Title: Silurian Conodonts from Central Kentucky and Their Relation to European Zones: ABSTRACT

Author(s): Carl B. Rexroad

Article Type: Meeting abstract


The Brassfield limestone and the overlying Crab Orchard formation of Madison and Estill Counties, central Kentucky, represent a nearly continuous sequence of strata of Llandovery and early Wenlock age. The conodont sequence very closely parallels that of Europe, and zones I and II (Llandovery in age) and zone III (early Wenlock(?) in age), as recognized by Otto Walliser, are found here.

The Brassfield limestone and the Plum Creek clay, Oldham limestone, Lulbegrud clay, and Waco limestone members of the Crab Orchard contain conodonts of zone I for which Icriodina is the most important guide. Zone II conodonts are found in a thin zone transitional between the Waco and the Estill clay member, and the lower part of the Estill contains new genus A and Bryantodus? sp., which are characteristic of European zone III. Zone III conodonts have been considered to be early Wenlock in age, but exact correspondence with the graptolite zones is uncertain.
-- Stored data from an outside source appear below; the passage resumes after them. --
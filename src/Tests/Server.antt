-- ===== src/Tests/Server.antt =====
-- A server that keeps its records and its cursors in lists, with cursors that only jump to the record
-- they are told: it stands for Kyoto Tycoon in the tests.
use janosh.Common.{
  arith, ℕ, ◌+◌, List, [], ◌∷◌, Bool, true, false, ◌≡◌, refl, Option, none, some, Bytes, bytes_eq,
  ◌==◌, ==_refl, if◌then◌else◌, Option-cases, inl, inr, ◌<◌, ◌≢◌, ◌∙◌, Bool-cases, bytes_eq_iff,
  ==_iff,
}
use janosh.Remote.{forget, RemoteDb, IsMap}

abbrev pub Records : Type 0
Records = List (Bytes × Bytes)

-- A later record comes first in the list.
abbrev pub lookup : Records → Bytes → Option Bytes
lookup [] k = none
lookup ((j, v) ∷ rs) k = if bytes_eq j k then some v else lookup rs k

-- Where a cursor stands; a later place comes first.
abbrev pub Places : Type 0
Places = List (ℕ × Option Bytes)

abbrev pub find : Places → ℕ → Option Bytes
find [] c = none
find ((e, k) ∷ ps) c = if e == c then k else find ps c

-- A number above those of all cursors.
abbrev top : Places → ℕ
top [] = 0
top ((e, k) ∷ ps) = e + top ps + 1

abbrev without : Bytes → Records → Records
without k [] = []
without k ((j, v) ∷ rs) = if bytes_eq j k then without k rs else (j, v) ∷ without k rs

pub record Listed : Type 0 where
  pub records : Records
  pub places : Places

abbrev put : Bytes → Bytes → Listed → Listed
put k v db = record db { records = (k, v) ∷ db.records }

abbrev place : ℕ → Option Bytes → Listed → Listed
place c k db = record db { places = (c, k) ∷ db.places }

abbrev is_some : Option Bytes → Bool
is_some none = false
is_some (some v) = true

abbrev if_there : {A : Type 0} → Option Bytes → A → A → A
if_there (some v) a b = a
if_there none a b = b

abbrev with_key : {A : Type 0} → Option Bytes → A → (Bytes → A) → A
with_key none a f = a
with_key (some k) a f = f k

abbrev pair_of : Bytes → Option Bytes → Option (Bytes × Bytes)
pair_of k none = none
pair_of k (some v) = some (k, v)

abbrev pub listed : RemoteDb
listed = record {
  Db = Listed;
  cursor = λ db. (top db.places, place (top db.places) none db);
  jump =
      λ c k db. if_there (lookup db.records k) (true, place c (some k) db) (false, place c none db);
  jump_back = λ c k db. (false, db);
  jump_first = λ c db. (false, db);
  get_step = λ c db. (none, db);
  step = λ c db. (false, db);
  step_back = λ c db. (false, db);
  get_key = λ c db. find db.places c;
  get_value = λ c db. with_key (find db.places c) none (lookup db.records);
  get = λ c db. with_key (find db.places c) none (λ k. pair_of k (lookup db.records k));
  set_value = λ c v db. with_key (find db.places c) (false, db) (λ k. (true, put k v db));
  remove = λ c db.
      with_key (find db.places c) (false, db)
        (λ k. (true, record db { records = without k db.records; places = (c, none) ∷ db.places }));
  add = λ k v db. if_there (lookup db.records k) (false, db) (true, put k v db);
  replace = λ k v db. if_there (lookup db.records k) (true, put k v db) (false, db);
  set = λ k v db. (true, put k v db);
  clear = λ db. (true, record db { records = [] });
}

there :
    (db : Listed) (c : ℕ) (k : Bytes)
    → (if_there {A = Bool × Listed}
        (lookup db.records k)
        (true, place c (some k) db)
        (false, place c none db)).0
      ≡ true
    → lookup db.records k ≡ none
    → ⊥
there db c k h e = cc (rw e at h)

find-top : (ps : Places) (c : ℕ) (k : Bytes) → find ps c ≡ some k → c < top ps
find-top [] c k h = cc
find-top ((e, x) ∷ ps) c k h = ground (arith, find-top ps c k)

lookup-without :
    (k : Bytes) (rs : Records) (j : Bytes) → lookup (without k rs) j ≡ forget (lookup rs) k j
lookup-without k [] j = ground arith
lookup-without k ((i, v) ∷ rs) j =
    ground (arith, lookup-without k rs j, bytes_eq_iff k j, bytes_eq_iff i k, bytes_eq_iff i j)

find_other : (ps : Places) (c e : ℕ) (k : Option Bytes) → c ≢ e → find ((e, k) ∷ ps) c ≡ find ps c
find_other ps c e k ne = ground arith

apart_top :
    (ps : Places) (c : ℕ) (k : Bytes)
    → find ps c ≡ some k
    → (c ≢ top ps) × (find ((top ps, none) ∷ ps) c ≡ some k)
apart_top ps c k h =
    let below = find-top ps c k h in
    let ne : c ≢ top ps = omega (arith, below) in (ne, find_other ps c (top ps) none ne ∙ h)

apart_remove :
    (ps : Places) (c e : ℕ) (k j : Bytes)
    → find ps c ≡ some k
    → find ps e ≡ some j
    → j ≢ k
    → find ((c, none) ∷ ps) e ≡ some j
apart_remove ps c e k j hc he ne = elim (Bool-cases (c == e)) [
  | inl same ↦ let here : c ≡ e = (==_iff c e).0 same in absurd (ne cc)
  | inr other ↦ rw other he
]

pub listed-IsMap : IsMap listed
listed-IsMap = record {
  view = λ db. lookup db.records;
  at = λ db. find db.places;
  view-cursor = λ db. refl;
  view-jump =
      λ db c k. elim (Option-cases (lookup db.records k)) [ inl e ↦ rw e | inr (v, e) ↦ rw e ];
  jump_hit = λ db c k v e. rw e (refl, rw (==_refl c));
  jump_miss = λ db c k e h. absurd (there db c k h e);
  get_key-at = λ db c. refl;
  get_value-at = λ db c k e. rw e;
  get-at = λ db c k v e h. rw (e, h);
  set_value-at = λ db c k v e. rw e (refl, refl);
  cursor-apart = λ db c k e. apart_top db.places c k e;
  cursor-twice = λ db. omega arith;
  jump-apart = λ db c e k ne. elim (Option-cases (lookup db.records k)) [
    | inl h ↦ rw h (find_other db.places c e none ne)
    | inr (v, h) ↦ rw h (find_other db.places c e (some k) ne)
  ];
  remove-at = λ db c k e. rw e (refl, λ i j. lookup-without k db.records j i);
  remove-moves = λ db c k e. rw e (inl (rw (==_refl c)));
  remove-apart = λ db c e k j hc he ne. rw hc (apart_remove db.places c e k j hc he ne);
  add_new = λ db k v e. rw e (refl, refl);
  add_old = λ db k v w e. rw e (refl, refl);
  at-add =
      λ db c k v. elim (Option-cases (lookup db.records k)) [ inl e ↦ rw e | inr (v, e) ↦ rw e ];
  replace_old = λ db k v w e. rw e (refl, refl);
  replace_new = λ db k v e. rw e (refl, refl);
  set_any = λ db k v. (refl, refl);
  clear_all = λ db. (refl, refl);
}

pub view-listed : (db : Listed) → listed-IsMap.view db ≡ lookup db.records
unfolding listed-IsMap
view-listed db = refl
Northward in Ohio and west of the Cincinnati arch in Indiana and Kentucky, the Brassfield also contains a zone I fauna. As the Crab Orchard formation is traced

End_Page 543------------------------------

northward, the part below the position of zone II conodonts becomes progressively thinner, and only a thin wedge of the lower part extends into southernmost Ohio. Here this lower unit is overlain by the Dayton limestone, which underlies a shale sequence called the Alger formation in Ohio. The Alger is a northern extension of the Estill clay.

Zone I is represented in the Kankakee limestone of northern Illinois, and zone III conodonts have been obtained from the Joliet limestone of northern Illinois and the basal few inches of the Osgood formation of southern Indiana. Insufficient work in other areas of the United States precludes precise correlation. The close resemblance of the European and central Kentucky conodont faunas, together with the other known occurrences, shows the potential value of these fossils for stratigraphic work in this part of the column.